In 2015, the European Commission found that Bulgaria had done almost nothing to stem the tide of corruption and organized crime. A poll of Bulgarians indicated that 76% believe that political parties are corrupt, and 86% believe that the judiciary is corrupt.

Unfortunately, the Juncker Commission has kept its eyes closed to Bulgaria’s problems.

The situation in Bulgaria is particularly challenging because of the scale of the problem and of the government refusing to acknowledge any problem. Bulgarian authorities have a habit of covering up abuses, disregarding recommendations for improvement, and doing their best to avoid investigation.

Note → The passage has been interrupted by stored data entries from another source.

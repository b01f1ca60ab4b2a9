-- ===== src/Mmu/Control/Bits.antt =====
-- src/arch/aarch64/mmu/init.rs, `mod bits`: where the fields of TCR_EL1 stand.
use zheos.Common.{ℕ}

abbrev pub t0sz : ℕ
t0sz = 0

abbrev pub irgn0 : ℕ
irgn0 = 8

abbrev pub orgn0 : ℕ
orgn0 = 10

abbrev pub sh0 : ℕ
sh0 = 12

abbrev pub tg0 : ℕ
tg0 = 14

abbrev pub epd1 : ℕ
epd1 = 23

abbrev pub tg1 : ℕ
tg1 = 30

abbrev pub ips : ℕ
ips = 32
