-- ===== src/Mmu/Control.antt =====
-- src/arch/aarch64/mmu/init.rs and src/arch/aarch64/mmu/registers.rs: the MMU is turned on. What goes to the
-- processor is a list; the value that a register reads is an argument.
pub mod Bits
use zheos.Common.{ℕ, ◌+◌, ◌-◌, ◌*◌, bit_or, ◌<<<◌, List, [], ◌∷◌}
use zheos.Mmu.Control.Bits

-- One instruction of registers.rs, by what it writes.
pub data Instruction : Type 0 where
  write_sctlr_el1 : ℕ → Instruction
  write_tcr_el1 : ℕ → Instruction
  write_ttbr0_el1 : ℕ → Instruction
  write_mair_el1 : ℕ → Instruction
  data_sync_barrier : Instruction
  invalidate_tlb : Instruction
  wait_for_invalidate : Instruction
  instruction_barrier : Instruction

abbrev pub normal_memory : ℕ
normal_memory = 0xff

abbrev pub device_memory : ℕ
device_memory = 0x00

abbrev pub normal_slot : ℕ
normal_slot = 0

abbrev pub device_slot : ℕ
device_slot = 1

abbrev pub mair_el1 : ℕ
mair_el1 = bit_or (normal_memory <<< (normal_slot * 8)) (device_memory <<< (device_slot * 8))

abbrev pub va_bits : ℕ
va_bits = 39

abbrev pub t0sz : ℕ
t0sz = 64 - va_bits

abbrev pub write_back : ℕ
write_back = 1

abbrev pub inner_shareable : ℕ
inner_shareable = 3

abbrev pub granule_4kib_ttbr0 : ℕ
granule_4kib_ttbr0 = 0

abbrev pub granule_4kib_ttbr1 : ℕ
granule_4kib_ttbr1 = 2

abbrev pub physical_40_bits : ℕ
physical_40_bits = 2

abbrev pub walk_disabled : ℕ
walk_disabled = 1

infixl 40 ◌or◌
abbrev ◌or◌ : ℕ → ℕ → ℕ
a or b = bit_or a b

abbrev pub tcr_el1 : ℕ
tcr_el1 =
    (t0sz <<< Bits.t0sz)
    or (write_back <<< Bits.irgn0)
    or (write_back <<< Bits.orgn0)
    or (inner_shareable <<< Bits.sh0)
    or (granule_4kib_ttbr0 <<< Bits.tg0)
    or (walk_disabled <<< Bits.epd1)
    or (granule_4kib_ttbr1 <<< Bits.tg1)
    or (physical_40_bits <<< Bits.ips)

abbrev pub sctlr_m : ℕ
sctlr_m = 1 <<< 0

abbrev pub sctlr_c : ℕ
sctlr_c = 1 <<< 2

abbrev pub sctlr_i : ℕ
sctlr_i = 1 <<< 12

abbrev pub sctlr_wxn : ℕ
sctlr_wxn = 1 <<< 19

abbrev pub sctlr_el1 : ℕ
sctlr_el1 = sctlr_m or sctlr_c or sctlr_i or sctlr_wxn

-- `init`, with the table's base and what `read_sctlr_el1` reads.
unfoldable pub init : ℕ → ℕ → List Instruction
init t_base read_sctlr_el1 =
    data_sync_barrier
    ∷ invalidate_tlb
    ∷ wait_for_invalidate
    ∷ write_mair_el1 mair_el1
    ∷ write_tcr_el1 tcr_el1
    ∷ write_ttbr0_el1 t_base
    ∷ instruction_barrier
    ∷ write_sctlr_el1 (bit_or read_sctlr_el1 sctlr_el1)
    ∷ instruction_barrier
    ∷ []
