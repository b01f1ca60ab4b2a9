-- ===== src/Mmu/Level.antt =====
-- src/arch/aarch64/mmu/level.rs: the three levels of a walk.
use zheos.Common.{ℕ, ◌+◌, ◌-◌, ◌*◌, Option, none, some, Bool, ◌==◌, bit_and, ◌<<<◌, ◌>>>◌, sub64}

pub data Level : Type 0 where
  level1 : Level
  level2 : Level
  level3 : Level

abbrev pub number : Level → ℕ
number level1 = 1
number level2 = 2
number level3 = 3

abbrev pub next : Level → Option Level
next level1 = some level2
next level2 = some level3
next level3 = none

abbrev pub offset : Level → ℕ
offset l = 12 + 9 * (3 - number l)

unfoldable pub slot_of : Level → ℕ → ℕ
slot_of l va = bit_and (va >>> offset l) 0x1ff

unfoldable pub size : Level → ℕ
size l = 1 <<< offset l

unfoldable pub offset_mask : Level → ℕ
unfolding size
offset_mask l = sub64 (size l) 1

unfoldable pub is_aligned : Level → ℕ → Bool
unfolding offset_mask
is_aligned l addr = bit_and addr (offset_mask l) == 0
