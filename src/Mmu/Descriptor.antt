-- ===== src/Mmu/Descriptor.antt =====
-- src/arch/aarch64/mmu/descriptor.rs: a descriptor and its 64-bit word.
use zheos.Common.{
  ℕ, Bool, true, false, ◌==◌, ◌/=◌, if◌then◌else◌, bit_and, bit_or, ◌<<<◌, ◌>>>◌, u8,
}
use zheos.Mmu.Level.{Level, level1, level2, level3}

abbrev pub address_mask : ℕ
address_mask = 0x0000fffffffff000

pub data Kind : Type 0 where
  invalid : Kind
  block : Kind
  table : Kind

abbrev pub kind_from_level : Level → Kind
kind_from_level level1 = block
kind_from_level level2 = block
kind_from_level level3 = table

unfoldable pub kind_from_u64 : ℕ → Kind
kind_from_u64 value =
    let bits = bit_and value 3 in
    if bits == 1 then block else (if bits == 3 then table else invalid)

abbrev pub kind_to_u64 : Kind → ℕ
kind_to_u64 invalid = 0
kind_to_u64 block = 1
kind_to_u64 table = 3

pub data AttrIndex : Type 0 where
  normal : AttrIndex
  device : AttrIndex
  other : ℕ → AttrIndex

unfoldable pub attr_from_u64 : ℕ → AttrIndex
attr_from_u64 value =
    let bits = bit_and (value >>> 2) 7 in
    if bits == 0 then normal else (if bits == 1 then device else other (u8 bits))

abbrev pub attr_to_u64 : AttrIndex → ℕ
attr_to_u64 normal = 0
attr_to_u64 device = 1
attr_to_u64 (other n) = bit_and n 7

pub data AccessPermissions : Type 0 where
  kernel_read_write : AccessPermissions
  all_read_write : AccessPermissions
  kernel_read_only : AccessPermissions
  all_read_only : AccessPermissions

unfoldable pub access_from_u64 : ℕ → AccessPermissions
access_from_u64 value =
    let bits = bit_and (value >>> 6) 3 in
    if bits == 0
    then kernel_read_write
    else (if bits == 1
        then all_read_write
        else (if bits == 2 then kernel_read_only else all_read_only))

abbrev pub access_to_u64 : AccessPermissions → ℕ
access_to_u64 kernel_read_write = 0
access_to_u64 all_read_write = 1
access_to_u64 kernel_read_only = 2
access_to_u64 all_read_only = 3

pub data Sh : Type 0 where
  non_shareable : Sh
  reserved : Sh
  outer_shareable : Sh
  inner_shareable : Sh

unfoldable pub sh_from_u64 : ℕ → Sh
sh_from_u64 value =
    let bits = bit_and (value >>> 8) 3 in
    if bits == 0
    then non_shareable
    else (if bits == 1 then reserved else (if bits == 2 then outer_shareable else inner_shareable))

abbrev pub sh_to_u64 : Sh → ℕ
sh_to_u64 non_shareable = 0
sh_to_u64 reserved = 1
sh_to_u64 outer_shareable = 2
sh_to_u64 inner_shareable = 3

pub record Descriptor : Type 0 where
  pub kind : Kind
  pub attr_idx : AttrIndex
  pub ns : Bool
  pub ap : AccessPermissions
  pub sh : Sh
  pub af : Bool
  pub ng : Bool
  pub address : ℕ
  pub contig : Bool
  pub pxn : Bool
  pub uxn : Bool

abbrev pub bit : Bool → ℕ
bit true = 1
bit false = 0

unfoldable pub from_u64 : ℕ → Descriptor
unfolding kind_from_u64 attr_from_u64 access_from_u64 sh_from_u64
from_u64 value = record {
  kind = kind_from_u64 value;
  attr_idx = attr_from_u64 value;
  ns = bit_and value (1 <<< 5) /= 0;
  ap = access_from_u64 value;
  sh = sh_from_u64 value;
  af = bit_and value (1 <<< 10) /= 0;
  ng = bit_and value (1 <<< 11) /= 0;
  address = bit_and value address_mask;
  contig = bit_and value (1 <<< 52) /= 0;
  pxn = bit_and value (1 <<< 53) /= 0;
  uxn = bit_and value (1 <<< 54) /= 0;
}

-- `|` with operands of 64 bits, to the left as in the source.
infixl 40 ◌or◌
abbrev pub ◌or◌ : ℕ → ℕ → ℕ
a or b = bit_or a b

unfoldable pub to_u64 : Descriptor → ℕ
to_u64 d =
    kind_to_u64 d.kind
    or (attr_to_u64 d.attr_idx <<< 2)
    or (bit d.ns <<< 5)
    or (access_to_u64 d.ap <<< 6)
    or (sh_to_u64 d.sh <<< 8)
    or (bit d.af <<< 10)
    or (bit d.ng <<< 11)
    or bit_and d.address address_mask
    or (bit d.contig <<< 52)
    or (bit d.pxn <<< 53)
    or (bit d.uxn <<< 54)

-- The constants of the source.
abbrev pub device_block : Descriptor
device_block = record {
  kind = block;
  attr_idx = device;
  ns = false;
  ap = kernel_read_write;
  sh = non_shareable;
  af = true;
  ng = false;
  address = 0;
  contig = false;
  pxn = true;
  uxn = true;
}

abbrev pub normal_block : Descriptor
normal_block = record {
  kind = block;
  attr_idx = normal;
  ns = false;
  ap = kernel_read_write;
  sh = inner_shareable;
  af = true;
  ng = false;
  address = 0x40000000;
  contig = false;
  pxn = false;
  uxn = true;
}

abbrev pub executable : Descriptor
executable = record normal_block { ap = kernel_read_only }

abbrev pub read_only : Descriptor
read_only = record normal_block { ap = kernel_read_only; pxn = true }

abbrev pub writable : Descriptor
writable = record normal_block { pxn = true }
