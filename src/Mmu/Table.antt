-- ===== src/Mmu/Table.antt =====
-- src/arch/aarch64/mmu/mod.rs: translation tables. Memory is a function from addresses to 64-bit words,
-- and a table is the address that it begins at. The heap is a parameter, by what it answers to
-- `alloc_layout` and what it leaves in memory.
pub mod Slots
pub mod Walk
pub mod Grows
pub mod Leaf
pub mod Ends
pub mod Full
pub mod Fresh
pub mod Linked
pub mod Child
pub mod Chunk
pub mod Maps
pub mod Slot
pub mod Deeper
pub mod Range
pub mod Identity
use zheos.Common.{
  ℕ, zero, suc, ◌+◌, ◌*◌, min, Option, none, some, Bool, true, false, ◌&&◌, ◌==◌, if◌then◌else◌,
  ltb, is_some, bit_and, bit_or, add64, sub64, not64, List, [], ◌∷◌,
}
use zheos.Mm.Layout.{Layout}
use zheos.Mm.Region
use zheos.Mm.Region.{Region}
use zheos.Mmu.Level.{
  Level, level1, level2, level3, number, next, slot_of, size, offset_mask, is_aligned,
}
use zheos.Mmu.Descriptor.{
  Descriptor, Kind, invalid, block, table, kind_from_level, from_u64, to_u64,
}

abbrev pub slots : ℕ
slots = 512

abbrev pub slot_mask : ℕ
slot_mask = sub64 slots 1

abbrev pub Words : Type 0
Words = ℕ → ℕ

abbrev pub page_layout : Layout
page_layout = record { size = 4096; align = 4096 }

-- The heap's state and memory go in, the address or `none` and both again come out.
abbrev pub Alloc : Type 0 → Type 0
Alloc H = Layout → H → Words → Option ℕ × H × Words

pub record State (H : Type 0) : Type 0 where
  pub heap : H
  pub words : Words

pub data MapError : Type 0 where
  out_of_memory : MapError
  unaligned : ℕ → MapError
  block_in_the_way : ℕ → Level → MapError
  table_in_the_way : ℕ → Level → MapError

-- A result of the source with the state behind it, or no result within the fuel.
pub data Result (S A : Type 0) : Type 0 where
  done : A → S → Result S A
  failed : MapError → S → Result S A
  stuck : Result S A

abbrev pub bind : {S A B : Type 0} → Result S A → (A → S → Result S B) → Result S B
bind (done a s) f = f a s
bind (failed e s) f = failed e s
bind stuck f = stuck

abbrev pub zero_descriptor : Descriptor
zero_descriptor = from_u64 0

abbrev pub slot_address : ℕ → ℕ → ℕ
slot_address t slot = t + 8 * bit_and slot slot_mask

abbrev pub write_volatile : Words → ℕ → ℕ → Words
write_volatile words a v b = if a == b then v else words b

unfoldable pub set : Words → ℕ → ℕ → Descriptor → Words
set words t slot value = write_volatile words (slot_address t slot) (to_u64 value)

unfoldable pub get : Words → ℕ → ℕ → Descriptor
get words t slot = from_u64 (words (slot_address t slot))

-- `for slot in 0..n`
unfoldable pub clear : ℕ → Words → ℕ → Words
clear zero words t = words
clear (suc n) words t = set (clear n words t) t n zero_descriptor

-- `NonNull::new`
abbrev pub from_base : ℕ → Option ℕ
from_base t = if t == 0 then none else some t

abbrev pub link : ℕ → Descriptor
link child = record zero_descriptor { kind = table; address = child }

abbrev pub is_table : Kind → Bool
is_table table = true
is_table _ = false

-- Where the slot of an address ends.
unfoldable pub slot_end : Level → ℕ → ℕ
slot_end level addr = add64 (bit_and addr (not64 (offset_mask level))) (size level)

module _ {H : Type 0} (alloc_layout : Alloc H) where
  unfoldable pub new : State H → Result (State H) ℕ
  new s =
      let (answer, heap, words) = alloc_layout page_layout s.heap s.words in
      let s' : State H = record { heap = heap; words = words } in
      elim answer [
        | none ↦ failed out_of_memory s'
        | some address ↦ elim (from_base address) [
          | none ↦ failed out_of_memory s'
          | some t ↦ done t (record s' { words = clear slots words t })
        ]
      ]

  unfoldable pub child_table : State H → ℕ → ℕ → Level → Result (State H) ℕ
  child_table s t va level =
      let slot = slot_of level va in
      let descriptor = get s.words t slot in
      elim descriptor.kind [
        | table ↦ elim (from_base descriptor.address) [
          | none ↦ failed out_of_memory s
          | some child ↦ done child s
        ]
        | invalid ↦
            bind (new s)
              λ child s'. done child (record s' { words = set s'.words t slot (link child) })
        | block ↦ failed (block_in_the_way va level) s
      ]

  -- A chunk that fills its slot.
  unfoldable pub map_leaf : State H → ℕ → ℕ → Descriptor → Level → Result (State H) (Unit {0})
  map_leaf s t addr template level =
      let desc = get s.words t (slot_of level addr) in
      if is_some (next level) && is_table desc.kind
      then failed (table_in_the_way addr level) s
      else done tt (record s {
        words =
            set s.words t (slot_of level addr)
              (record template { kind = kind_from_level level; address = addr });
      })

  -- One pass of the loop of `map_range`, which maps the chunk from `addr` to `chunk_end`; `deeper` is the
  -- call for the level below, from the base of its region to the end.
  unfoldable pub map_chunk :
      (State H → ℕ → ℕ → ℕ → Descriptor → Level → Result (State H) (Unit {0}))
      → State H
      → ℕ
      → ℕ
      → ℕ
      → Descriptor
      → Level
      → Result (State H) (Unit {0})
  map_chunk deeper s t addr chunk_end template level =
      if is_aligned level addr && chunk_end == slot_end level addr
      then map_leaf s t addr template level
      else elim (next level) [
        | none ↦ failed (unaligned addr) s
        | some finer ↦ bind (child_table s t addr level) λ child s'.
            let region : Region = record { base = addr; size = sub64 chunk_end addr } in
            deeper s' child region.base (Region.end region) template finer
      ]

  -- The loop of `map_range` from `addr` to the end of the region.
  unfoldable pub map_from :
      ℕ → State H → ℕ → ℕ → ℕ → Descriptor → Level → Result (State H) (Unit {0})
  map_from zero s t addr stop template level = stuck
  map_from (suc fuel) s t addr stop template level = elim (ltb addr stop) [
    | false ↦ done tt s
    | true ↦
        let chunk_end = min (slot_end level addr) stop in
        bind (map_chunk (map_from fuel) s t addr chunk_end template level)
          λ _ s'. map_from fuel s' t chunk_end stop template level
  ]

  unfoldable pub map_range :
      ℕ → State H → ℕ → Region → Descriptor → Level → Result (State H) (Unit {0})
  unfolding map_from
  map_range fuel s t region template level =
      map_from fuel s t region.base (Region.end region) template level

  unfoldable pub identity_map : ℕ → State H → ℕ → Region → Descriptor → Result (State H) (Unit {0})
  identity_map fuel s t region template = map_range fuel s t region template level1

-- What a walk does at one slot; `deeper` is the call for the table below.
unfoldable pub translate_slot :
    (ℕ → Level → Option (ℕ × Level)) → Words → ℕ → ℕ → Level → Option (ℕ × Level)
translate_slot deeper words t va level =
    let descriptor = get words t (slot_of level va) in
    let offset = bit_and va (offset_mask level) in
    elim descriptor.kind [
      | invalid ↦ none
      | block ↦ some (bit_or descriptor.address offset, level)
      | table ↦ elim (next level) [
        | none ↦ some (bit_or descriptor.address offset, level)
        | some finer ↦ elim (from_base descriptor.address) [
          | none ↦ none
          | some child ↦ deeper child finer
        ]
      ]
    ]

-- A walk passes at most the levels that are left.
abbrev pub levels_left : Level → ℕ
levels_left level1 = 3
levels_left level2 = 2
levels_left level3 = 1

unfoldable pub translate_rounds : ℕ → Words → ℕ → ℕ → Level → Option (ℕ × Level)
translate_rounds zero words t va level = none
translate_rounds (suc n) words t va level =
    translate_slot (λ child finer. translate_rounds n words child va finer) words t va level

unfoldable pub translate_at : Words → ℕ → ℕ → Level → Option (ℕ × Level)
unfolding translate_rounds
translate_at words t va level = translate_rounds (levels_left level) words t va level

unfoldable pub translate_with_level : Words → ℕ → ℕ → Option (ℕ × Level)
translate_with_level words t va = translate_at words t va level1

unfoldable pub translate : Words → ℕ → ℕ → Option ℕ
translate words t va = elim (translate_at words t va level1) [
  | none ↦ none
  | some found ↦ some found.0
]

One of the most striking corruption scandals – the so-called Yaneva Gate from 2015 – has seen recordings of conversations between high-level judges being leaked on the website of the Bulgarian partner of an organized crime and corruption reporting project. The records reveal conversations on how to decide cases and in whose interest. But these revelations did not lead to any inquiry as it was deemed that the recordings were made illegally.

This case is revealing of the trend in Bulgaria. There are plenty of revelations, and lot of charges for corruption are brought by the prosecution, but the conviction rate is close to zero. This is not merely an issue citizens are facing.

The high level of corruption effectively means that no real economic competition can take place, as companies close to the decision-makers will have advantages against any newcomers, even if they are leading international companies. In addition, it leaves the bloated Bulgarian administration even slower, harder to navigate and unpredictable. Many foreign investors learned the lesson and left.

This is how Bulgaria has managed to achieve an extraordinary feat. Despite its natural beauty,  despite having talented and educated people, and despite a favourable tax climate, it is likely to stay as the poorest in the EU, and to continue losing its population.